What do people think i should consider? Any information or advice on the models would be brilliant as i am not sure at all on what to get! Also depriciation info would be nice to know.

Thanks
Phil


----------



## jampott (Sep 6, 2003)

Nissan Pulsar? Always got a soft spot for those in a kind of "baby Skyline" sort of way.

Stupidly tunable in a dinky little package.

Obvious downsides? They *may* be a bit neddy (but I don't think so) and they eat gearboxes if modified badly.

Also consider a good 200sx instead of a Skyline. (Nice drift car on Pistonheads recently... muhahaha)


----------



## coupe-sport (May 7, 2002)

Also consider a good 200sx

Had both an S13 and S14 200SX - great cars and very tuneable. Agree about the Pulsar GTI-R - Great fun and rare enough to be different.

If you want a good track / road car , how about a Supercharged MX5 ?


----------



## t5ttr (Dec 6, 2006)

Thought about the Pulsar but wondered how hard is it going to be to get a nice example as most are h-l reg . Mx-5 supercharged is that standard or modified? 
Cheers
Phil


----------



## coupe-sport (May 7, 2002)

Modified. You could buy an MX5 turbo which was a version sanctioned by Mazda UK and used a BBR turbo conversion (150 and 230BHP versions IIRC although the warranty didnt cover the 230 one...)

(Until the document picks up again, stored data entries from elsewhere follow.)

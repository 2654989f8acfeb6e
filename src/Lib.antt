-- ===== src/Lib.antt =====
-- antimage: a panel that issues configuration documents to VPN nodes, and the agent that applies
-- them on each node. This library models the control loop between the two, the accounting of
-- traffic from the agent's poll to the panel's roll-ups, the customers with their credentials,
-- expiry and quotas, resellers and their credit, the roll-out of deployments, the hub that
-- reaches the connected agents, the limits on a node's connections, the login limiter and the
-- billing arithmetic, as translated from the Go sources.
--
-- The program's parts and how they interact. An administrator's change goes through
-- CommitNodeChange (internal/panel/nodes/commit.go): in one transaction it mutates the content,
-- rebuilds the desired document and, if the hash of the document has changed, issues the node's
-- next revision. The agent fetches the document and converges the host to it
-- (internal/node/agent/reconcile.go): each adapter observes, plans, applies and confirms. It then
-- reports the run, and RecordApplyRun (internal/panel/nodes/convergence.go) decides whether the
-- applied revision advances, by comparing the reported hash with that of the stored revision.
-- Hellos and heartbeats keep the node's status fresh. Billing (internal/panel/nodes/billable.go)
-- turns raw bytes into billed ones. The agent polls its adapters for traffic and sends reports
-- (internal/node/agent/accounting.go); the panel ingests them and folds them into buckets
-- (internal/panel/nodes/accounting.go). Resellers (internal/panel/resellers/resellers.go) pay for
-- the customers they provision from a ledger of credit. The orchestrator
-- (internal/panel/deployment/orchestrator.go) rolls a revision out to nodes. The customers are
-- subjects (internal/panel/subjects): sweeps retire the expired ones, freeze those whose billed
-- traffic reaches their quota (internal/panel/nodes/quota.go), and republish their nodes. The hub
-- (internal/panel/control/hub.go) tells the connected agents of new revisions and carries commands
-- to them. On the node, the enforcer admits or refuses connections.
--
-- Files:
--   Common           re-exported library names, Boolean tests, lists measured by native numbers
--   Common/Maps      maps as association lists; Common/Int: signed integers, and their wrap-around
--   Common/Outcome   functions that return an error, and transactions
--   NodeStatus       internal/panel/nodes/state_machine.go: Status, ValidateTransition (a table)
--     Table, Reason, Diagram: the rule behind the table, TransitionReason, histories of statuses
--   Panel/Db         the tables with node state, as lists of rows, and Store.Write (the function's
--                    tables are kept on success and dropped on an error)
--   Panel/Commit     commit.go: CommitNodeChange is commit_node_change, the function inside the
--                    transaction commit_tx; Latest and Effects hold what a success has written
--   Panel/ApplyRuns  convergence.go: RecordApplyRun is record_apply_run, its switch is classify;
--                    Effects, Verdicts and Total hold what it writes and when it succeeds
--   Panel/Presence   RecordHello, RecordHeartbeat, and UpsertAdapter of registry.go
--   Panel/Consistency  the invariant of the tables, across each write
--   Panel/Publishing the commit in consistent tables; History: all writes in any order; Reports:
--                    the node's report on what was published
--   Panel/Billing    billable.go: mul_div, mul_div_ceil, billable, threshold; MulDiv, Charges and
--                    Rounding compare them with exact arithmetic
--   Panel/Resellers  internal/panel/resellers/resellers.go: Tables (rows, and the interface of the
--                    subject store), Ledger (Balance, Get, Credit), Provision (ProvisionSubject,
--                    checkLimits, OwnerOf), Tenants (Create, Update, Delete); Account, Provisions,
--                    Promises, Kept, Replay and Tenancy hold what is proved
--   Panel/Usage      internal/panel/nodes/accounting.go: Tables, Ingest (IngestUsageReport,
--                    activateIfOnHold, resolveService, PruneUsageDeltas), Rollup (RollupHourly,
--                    RollupDaily); Counted, Once, Folded, History and Repeats hold what is proved
--   Panel/Deployment internal/panel/deployment: Tables, Writes (each UPDATE and transaction),
--                    Execution (orchestrator.go: CreateDeployment, ExecuteDeployment with its
--                    strategies, RollbackDeployment), Sweeps (timeout.go, recovery.go); Exclusive,
--                    Keeps, Pauses, Calls, Stages and Applied hold what is proved
--   Panel/Subjects   internal/panel/subjects and internal/shared/secrets/box.go: Tables, Credentials
--                    (Seal, Open, putCredential, Rotate), Store (Create, Update, Delete, Freeze, …),
--                    Tokens (tokens.go), Sweeper (sweeper.go); Sealed, Created, Unique, Indexed,
--                    Reissued, Calls, Links, Marked, Affected and Swept hold what is proved
--   Panel/Quota      internal/panel/nodes: Over (quota_billable.go), Sweeps (quota.go); Judged,
--                    Enforced and Renewed hold what is proved
--   Panel/Hub        internal/panel/control/hub.go: Channels (Go's channels of capacity one),
--                    Streams (Register, its release, Notify), Commands (SendCommand,
--                    DeliverResult), Calls (what the goroutines do, in any order); Sound, Entries,
--                    Callers, Safe, Answered, Promises and Superseded hold what is proved
--   Agent/Accounting internal/node/agent/accounting.go: pollAndReport is poll_and_report; Polls: the
--                    state file; Delivery: the agent connected to the panel's onUsageReport
--   Agent/Plan       internal/node/adapter/adapter.go: steps, plans, results
--   Agent/Host       what the reconciler is given: adapters, clock, context, options
--   Agent/Retry      applyWithRetry; Agent/Reconcile: Converge, with Cases, Steps and Outcome
--   Agent/Enforcement  internal/node/enforcement/enforcement.go: the limits of a subject; Removal
--                    holds the ends of connections, Limits, Cleanup and Sorting what is proved
--   Panel/Limiter    internal/panel/auth/ratelimit.go: back-off after failed logins; Waits
--   Panel/Rbac       internal/panel/rbac/perm.go and authz.go: roles and Check; Grants
--   Tests            runs at concrete values, and each theorem applied to one
--
-- Conventions. int64 values that may be negative are signed integers (Common/Int), others native
-- numbers; uint64 arithmetic in billing and the doubling of the back-off keep their wrap-around.
-- Sums that SQLite makes end in an error when they are no int64; Go's own sums and differences
-- of int64 values in the reseller checks wrap. A Go map is an association list, a table a list
-- of rows. The host of the reconciler (clock, context, adapters) is a state that each call takes
-- and returns, so the order of the calls is the order of the source. Retries recurse on the
-- number of attempts left, which NewReconciler makes positive; a pause of a deployment is a
-- function `sleep` on the tables, as others write meanwhile; the sort of the connections makes
-- as many turns as there are connections. Channels live in a
-- heap, and a panic of a channel is an error. Each critical section of the hub is one step:
-- in Calls the steps of all goroutines come in any order, and send_command lets the others run
-- while it waits. DeliverResult sends after it has released its lock; as no channel of a
-- caller is ever closed, it is one step all the same.
--
-- Not modelled: the building of the desired document and SHA-256 (a parameter `build` of the
-- commit), the SQL driver and its failures, the drivers of the protocols (parameters of the
-- reconciler), the HTTP API, the transport between agent and panel, ValidateRevision
-- (a parameter of CreateDeployment), deployments that interleave elsewhere than
-- in their pauses, and rendering. They are I/O, or separate components.
pub mod Common
pub mod NodeStatus
pub mod Panel
pub mod Agent
pub mod Tests
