-- ===== src/Agent.antt =====
-- internal/node: the agent that runs on a node.
pub mod Plan
pub mod Host
pub mod Retry
pub mod Reconcile
pub mod Accounting
pub mod Enforcement
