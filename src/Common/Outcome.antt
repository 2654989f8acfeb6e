-- ===== src/Common/Outcome.antt =====
-- A Go function that returns a value or an error, and a transaction over tables `D`.
use mathlib.Core.Path.{◌≡◌, refl}
use mathlib.Core.Logic.{◌⊎◌, inl, inr}
use mathlib.Core.Bool.{Bool, true, false}
use native.Mathlib.Omega.{arith}
use antimage.Common.Tests.{if◌then◌else◌}

pub data Outcome {ℓ} (E : Type 0) (A : Type ℓ) : Type ℓ where
  ok : A → Outcome E A
  err : E → Outcome E A

infixl 5 ◌>>=◌ ◌>>◌
abbrev pub ◌>>=◌ {κ ℓ} :
    {E : Type 0} {A : Type κ} {B : Type ℓ} → Outcome E A → (A → Outcome E B) → Outcome E B
ok a >>= next = next a
err cause >>= next = err cause

abbrev pub ◌>>◌ {ℓ} : {E : Type 0} {B : Type ℓ} → Outcome E (Unit {0}) → Outcome E B → Outcome E B
ok a >> next = next
err cause >> next = err cause

-- `if b { return e }`
infixl 5 ◌refuses◌
abbrev pub ◌refuses◌ : {E : Type 0} → Bool → E → Outcome E (Unit {0})
b refuses e = if b then err e else ok tt

-- The changes of a transaction are kept when its function returns no error, and rolled back
-- otherwise.
abbrev pub transaction : {E A D : Type 0} → (D → Outcome E (A × D)) → D → Outcome E A × D
transaction fn db = elim (fn db) [ ok (a, db') ↦ (ok a, db') | err e ↦ (err e, db) ]

pub Outcome-cases {ℓ} :
    {E : Type 0} {A : Type ℓ} (o : Outcome E A) → ((a : A) × (o ≡ ok a)) ⊎ ((e : E) × (o ≡ err e))
Outcome-cases (ok a) = inl (a, refl)
Outcome-cases (err e) = inr (e, refl)

-- A chain that returns a value ran its first step.
pub bind-eq-ok {κ ℓ} :
    {E : Type 0} {A : Type κ} {B : Type ℓ} (first : Outcome E A) (next : A → Outcome E B) {b : B}
    → (first >>= next) ≡ ok b
    → (a : A) × (first ≡ ok a) × (next a ≡ ok b)
bind-eq-ok (ok a) next h = (a, refl, h)
bind-eq-ok (err cause) next h = cc

pub then-eq-ok {ℓ} :
    {E : Type 0} {B : Type ℓ} (first : Outcome E (Unit {0})) (next : Outcome E B) {b : B}
    → (first >> next) ≡ ok b
    → (first ≡ ok tt) × (next ≡ ok b)
then-eq-ok (ok tt) next h = (refl, h)
then-eq-ok (err cause) next h = cc

pub refuses-eq-ok {ℓ} :
    {E : Type 0} {B : Type ℓ} (b : Bool) (e : E) (next : Outcome E B) {out : B}
    → (b refuses e >> next) ≡ ok out
    → (b ≡ false) × (next ≡ ok out)
refuses-eq-ok false e next h = (refl, h)
refuses-eq-ok true e next h = cc

pub transaction-eq-ok :
    {E A D : Type 0} (fn : D → Outcome E (A × D)) (db : D) {a : A}
    → (transaction fn db).0 ≡ ok a
    → fn db ≡ ok (a, (transaction fn db).1)
transaction-eq-ok fn db h = ground arith

-- Two returns of a value with tables are equal in both.
pub ok-pair {ℓ κ} :
    {E : Type 0} {A : Type ℓ} {D : Type κ} {a b : A} {d d' : D}
    → ◌≡◌ {A = Outcome E (A × D)} (ok (a, d)) (ok (b, d'))
    → (a ≡ b) × (d ≡ d')
ok-pair h = (cc h, cc h)

pub ok-injective {ℓ} :
    {E : Type 0} {A : Type ℓ} {a b : A} → ◌≡◌ {A = Outcome E A} (ok a) (ok b) → a ≡ b
ok-injective h = cc h
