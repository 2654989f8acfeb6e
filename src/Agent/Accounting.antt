-- ===== src/Agent/Accounting.antt =====
-- internal/node/agent/accounting.go: the poll of the adapters and the report to the panel. The state
-- `H` of the host holds the adapters' counters, the state file and the stream; `E` is the type of
-- errors. encoding/json, the file system, the adapters and the stream are parameters.
pub mod Polls
pub mod Delivery
use antimage.Common.{ℕ, suc, Option, none, some, List, [], ◌∷◌, ◌++◌, map}
use antimage.Common.Outcome.{Outcome, ok, err}

-- adapter.UsageSample
pub record UsageSample : Type 0 where
  pub subject_id : ℕ
  pub service_id : ℕ
  pub uplink_bytes : ℕ
  pub downlink_bytes : ℕ

-- antimagev1.UsageSample
pub record ProtoSample : Type 0 where
  pub subject_id : ℕ
  pub service_id : ℕ
  pub uplink_bytes : ℕ
  pub downlink_bytes : ℕ

-- AccountingState
pub record AccountingState : Type 0 where
  pub sequence : ℕ
  pub pending : List ProtoSample

-- antimagev1.UsageReport
pub record UsageReport : Type 0 where
  pub node_id : ℕ
  pub sequence : ℕ
  pub samples : List ProtoSample

-- os.ReadFile
pub data FileRead (E Bytes : Type 0) : Type 0 where
  not_exist : FileRead E Bytes
  unreadable : E → FileRead E Bytes
  contents : Bytes → FileRead E Bytes

pub record AccountingHost (H E Bytes : Type 0) : Type 0 where
  pub node_id : ℕ
  pub usage_reporters : List (H → Outcome E (List UsageSample) × H)
  pub read_file : H → FileRead E Bytes × H
  pub write_file : Bytes → H → Option E × H
  pub marshal : AccountingState → Outcome E Bytes
  pub unmarshal : Bytes → Outcome E AccountingState
  pub send : UsageReport → H → Option E × H

-- protoSamplesFrom
abbrev pub to_proto : UsageSample → ProtoSample
to_proto s = record {
  subject_id = s.subject_id;
  service_id = s.service_id;
  uplink_bytes = s.uplink_bytes;
  downlink_bytes = s.downlink_bytes;
}

abbrev pub proto_samples_from : List UsageSample → List ProtoSample
proto_samples_from samples = map to_proto samples

-- `&AccountingState{Sequence: 0}`
abbrev pub fresh_state : AccountingState
fresh_state = record { sequence = 0; pending = [] }

-- The loop over the reporters; an error ends it.
unfoldable pub collect :
    {H E : Type 0}
    → List (H → Outcome E (List UsageSample) × H)
    → List UsageSample
    → H
    → Outcome E (List UsageSample) × H
collect [] samples host = (ok samples, host)
collect (usage ∷ rest) samples host =
    let (r, after) = usage host in
    elim r [ err e ↦ (err e, after) | ok got ↦ collect rest (samples ++ got) after ]

module _ {H E Bytes : Type 0} (io : AccountingHost H E Bytes) where
  -- The state in what was read: none yet, or corrupt, is a fresh one.
  unfoldable pub parsed : FileRead E Bytes → Outcome E AccountingState
  parsed not_exist = ok fresh_state
  parsed (unreadable e) = err e
  parsed (contents raw) = elim (io.unmarshal raw) [ err e ↦ ok fresh_state | ok state ↦ ok state ]

  -- loadAccountingState
  unfoldable pub load_state : H → Outcome E AccountingState × H
  load_state host = let (r, after) = io.read_file host in (parsed r, after)

  -- saveAccountingState
  unfoldable pub save_state : AccountingState → H → Option E × H
  save_state state host = elim (io.marshal state) [
    | err e ↦ (some e, host)
    | ok raw ↦ io.write_file raw host
  ]

  -- `state.Pending = append(…); state.Sequence++`
  unfoldable pub queued : List UsageSample → AccountingState → AccountingState
  queued samples state = record {
    sequence = suc state.sequence;
    pending = state.pending ++ proto_samples_from samples;
  }

  unfoldable pub report_of : AccountingState → UsageReport
  report_of state = record {
    node_id = io.node_id;
    sequence = state.sequence;
    samples = state.pending;
  }

  -- The send, and the clearing of the pending samples; its failure is only logged.
  unfoldable pub send_report : AccountingState → H → Option E × H
  send_report state host =
      let (r, after) = io.send (report_of state) host in
      elim r [
        | some e ↦ (some e, after)
        | none ↦ (none, (save_state (record state { pending = [] }) after).1)
      ]

  -- pollAndReport, with samples.
  unfoldable pub report_samples : List UsageSample → H → Option E × H
  report_samples samples host =
      let (r, after) = load_state host in
      elim r [
        | err e ↦ (some e, after)
        | ok state ↦
            let (failure, saved) = save_state (queued samples state) after in
            elim failure [
              | some e ↦ (some e, saved)
              | none ↦ send_report (queued samples state) saved
            ]
      ]

  -- pollAndReport
  unfoldable pub poll_and_report : H → Option E × H
  poll_and_report host =
      let (r, after) = collect io.usage_reporters [] host in
      elim r [
        | err e ↦ (some e, after)
        | ok samples ↦ elim samples [
          | [] ↦ (none, after)
          | s ∷ rest ↦ report_samples (s ∷ rest) after
        ]
      ]
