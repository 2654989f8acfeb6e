-- ===== src/Panel/Usage/Tables.antt =====
-- The tables of usage accounting, as migrations 00011, 00026, 00029, 00030 and 00037 of
-- internal/panel/store/migrations leave them. Ids and times are not negative. A list of rows is in
-- the order of insertion.
use antimage.Common.{ℕ, ◌^◌, String, Option, List, ltb, if◌then◌else◌}
use antimage.Common.Outcome.{Outcome, ok, err}

-- A row of `usage_deltas`; its id is above all that the table has given out.
pub record Delta : Type 0 where
  pub id : ℕ
  pub node_id : ℕ
  pub subject_id : ℕ
  pub service_id : Option ℕ
  pub sequence : ℕ
  pub uplink_bytes : ℕ
  pub downlink_bytes : ℕ
  pub created_at : ℕ

-- The columns of `subjects` that usage touches.
pub record Subject : Type 0 where
  pub quota_used_bytes : ℕ
  pub expires_at : Option ℕ
  pub on_hold_seconds : Option ℕ
  pub status_changed_at : Option ℕ

-- A row of `usage_rollups_hourly` or `usage_rollups_daily`, for one hour or day.
pub record Rollup : Type 0 where
  pub subject_id : ℕ
  pub node_id : Option ℕ
  pub service_id : Option ℕ
  pub start : ℕ
  pub uplink_bytes : ℕ
  pub downlink_bytes : ℕ

-- `last_id` is the entry of sqlite_sequence, `watermark` the row 'hourly' of usage_rollup_state.
pub record Usage : Type 0 where
  pub nodes : List ℕ
  pub services : List (ℕ × ℕ)
  pub subjects : List (ℕ × Subject)
  pub deltas : List Delta
  pub last_id : ℕ
  pub hourly : List Rollup
  pub daily : List Rollup
  pub watermark : Option ℕ

-- A broken constraint; a uint64 that the driver does not pass on; a sum that is no int64.
pub data UsageError : Type 0 where
  constraint : String → UsageError
  high_bit : UsageError
  overflow : UsageError

-- A value of an INTEGER column.
abbrev pub int64 : UsageError → ℕ → Outcome UsageError ℕ
int64 e n = if ltb n (2 ^ 63) then ok n else err e
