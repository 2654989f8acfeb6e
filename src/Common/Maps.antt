-- ===== src/Common/Maps.antt =====
-- Go's maps as association lists. `put` overwrites the entry in place, or adds one at the end;
-- `delete` drops the entry; `modify` changes it. The order of the entries is the order in which `range` visits them.
use mathlib.Core.Path.{◌≡◌, refl}
use mathlib.Core.Logic.{ite}
use mathlib.Core.Option
use mathlib.Core.Option.{Option, none, some}
use mathlib.Core.List.{List, [], ◌∷◌, ◌++◌}
use native.Mathlib.Omega.{arith}
use native.Mathlib.Decide.{ℕ_discrete}
use Prim.Native.Nat.{ℕ, ◌+◌, ◌≤◌}
use antimage.Common.Tests.{leb, if◌then◌else◌}

module _ {ℓ} {K V : Type ℓ} (dec : Discrete K) where
  unfoldable pub get : K → List (K × V) → Option V
  get k [] = none
  get k (e ∷ m) = ite (dec k e.0) (some e.1) (get k m)

  unfoldable pub put : K → V → List (K × V) → List (K × V)
  put k v [] = (k, v) ∷ []
  put k v (e ∷ m) = ite (dec k e.0) ((k, v) ∷ m) (e ∷ put k v m)

  unfoldable pub delete : K → List (K × V) → List (K × V)
  delete k [] = []
  delete k (e ∷ m) = let rest = delete k m in ite (dec k e.0) rest (e ∷ rest)

  pub get-put :
      (k j : K) (v : V) (m : List (K × V)) → get j (put k v m) ≡ ite (dec j k) (some v) (get j m)
  unfolding get put
  get-put k j v [] = refl
  get-put k j v (e ∷ m) = ground (arith, get-put k j v m)

  pub get-delete : (k j : K) (m : List (K × V)) → get j (delete k m) ≡ ite (dec j k) none (get j m)
  unfolding get delete
  get-delete k j [] = ground arith
  get-delete k j (e ∷ m) = ground (arith, get-delete k j m)

  pub get-append_some :
      (k : K) (m : List (K × V)) (e : K × V) {v : V}
      → get k m ≡ some v
      → get k (m ++ e ∷ []) ≡ some v
  unfolding get
  get-append_some k [] e h = cc
  get-append_some k (d ∷ m) e {v} h = ground (arith, get-append_some k m e {v = v})

  pub get-append_none :
      (k : K) (m : List (K × V)) (e : K × V)
      → get k m ≡ none
      → get k (m ++ e ∷ []) ≡ ite (dec k e.0) (some e.1) none
  unfolding get
  get-append_none k [] e h = refl
  get-append_none k (d ∷ m) e h = ground (arith, get-append_none k m e)

  unfoldable pub modify : K → (V → V) → List (K × V) → List (K × V)
  modify k change [] = []
  modify k change (e ∷ m) =
      let rest = modify k change m in ite (dec k e.0) ((e.0, change e.1) ∷ rest) (e ∷ rest)

  pub get-modify :
      (k j : K) (change : V → V) (m : List (K × V))
      → get j (modify k change m) ≡ ite (dec j k) (Option.map change (get j m)) (get j m)
  unfolding get modify
  get-modify k j change [] = ground arith
  get-modify k j change (e ∷ m) = ground (arith, get-modify k j change m)

-- The id of the next row of an INTEGER PRIMARY KEY.
unfoldable pub fresh_id : {V : Type 0} → List (ℕ × V) → ℕ
fresh_id [] = 1
fresh_id (e ∷ m) = let rest = fresh_id m in if leb rest e.0 then e.0 + 1 else rest

fresh_id-above :
    {V : Type 0} (n : ℕ) (m : List (ℕ × V)) → fresh_id m ≤ n → get ℕ_discrete n m ≡ none
unfolding fresh_id get
fresh_id-above n [] h = refl
fresh_id-above n (e ∷ m) h = ground (arith, fresh_id-above n m)

pub fresh_id-is_free : {V : Type 0} (m : List (ℕ × V)) → get ℕ_discrete (fresh_id m) m ≡ none
fresh_id-is_free m = fresh_id-above (fresh_id m) m (omega arith)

Lots of supercharger conversions for the MX5 - nice strong engine too.


----------



## Stu-Oxfordshire (May 7, 2002)

Having owned derivatives of 2 of the models you have on your radar, here's my 2 pennies-worth:



t5ttr said:


> Elise S1
> + Track focused
> +7-8k for a early S1 so not the cheapest car in the list.
> +Reasonable insurance
> ...


You mention you want a car which *"holds its value and is going to hold its own on the track"*
Well, you simply won't do better than an Elise. You can bag a great condition S1 111S or 135 for anything from 9K to 12K now. Running costs on track are a QUARTER of an Evo or other jap turbo (mainly due to less weight and subsequent benefits on consumables such as pads, discs, tyres, petrol. Oh and er....diffs and gear boxes. More about that later).
Arguably above all that, you'll learn how to drive properly. 
I had an Evo for a couple of years, thought I had a basic level of competence behind the wheel, until I drove a Lotus with a 3rd of the BHP and realised what I'd been missing. 
Mods? Well, you won't really need any. I have a video from Cadwell of a mate of mine in a std sport 160 keeping nailed to my rear bumper (even on the straights) when the Evo was pushing out 330bhp.....


> Mitsibushi Evo 4
> +Cheaper than the elise to buy initially
> + Fast accelertation-modding potential
> +4wd grip with AYC
> ...


Yes you've pretty much got it. An old model Evo 4 will probably have it's AYC diff on the way out as well as gearbox. AYC diffs cost 5K each unless you can find a recon'd one, which is very rare. 
You can bag a nice Evo V for 8-10K now but to get it track ready: big brakes, coilovers and seats, you'll need to spend 3K +. It's not worth it as you'll never get it back. Also the running costs on track and fast road are potty, compared to a Lotus/derivative.



> Subaru STi
> +Cheaper than elise again around 5-6 k for a classic
> + Also fast, lots of modding potential
> +Many available
> ...


Seee Evo 4



> Skyline - limited to a GTS on insurance as i can't get insured on a GTR 32 so what are the RWD skyline like and is it more to drifting than a drivers car?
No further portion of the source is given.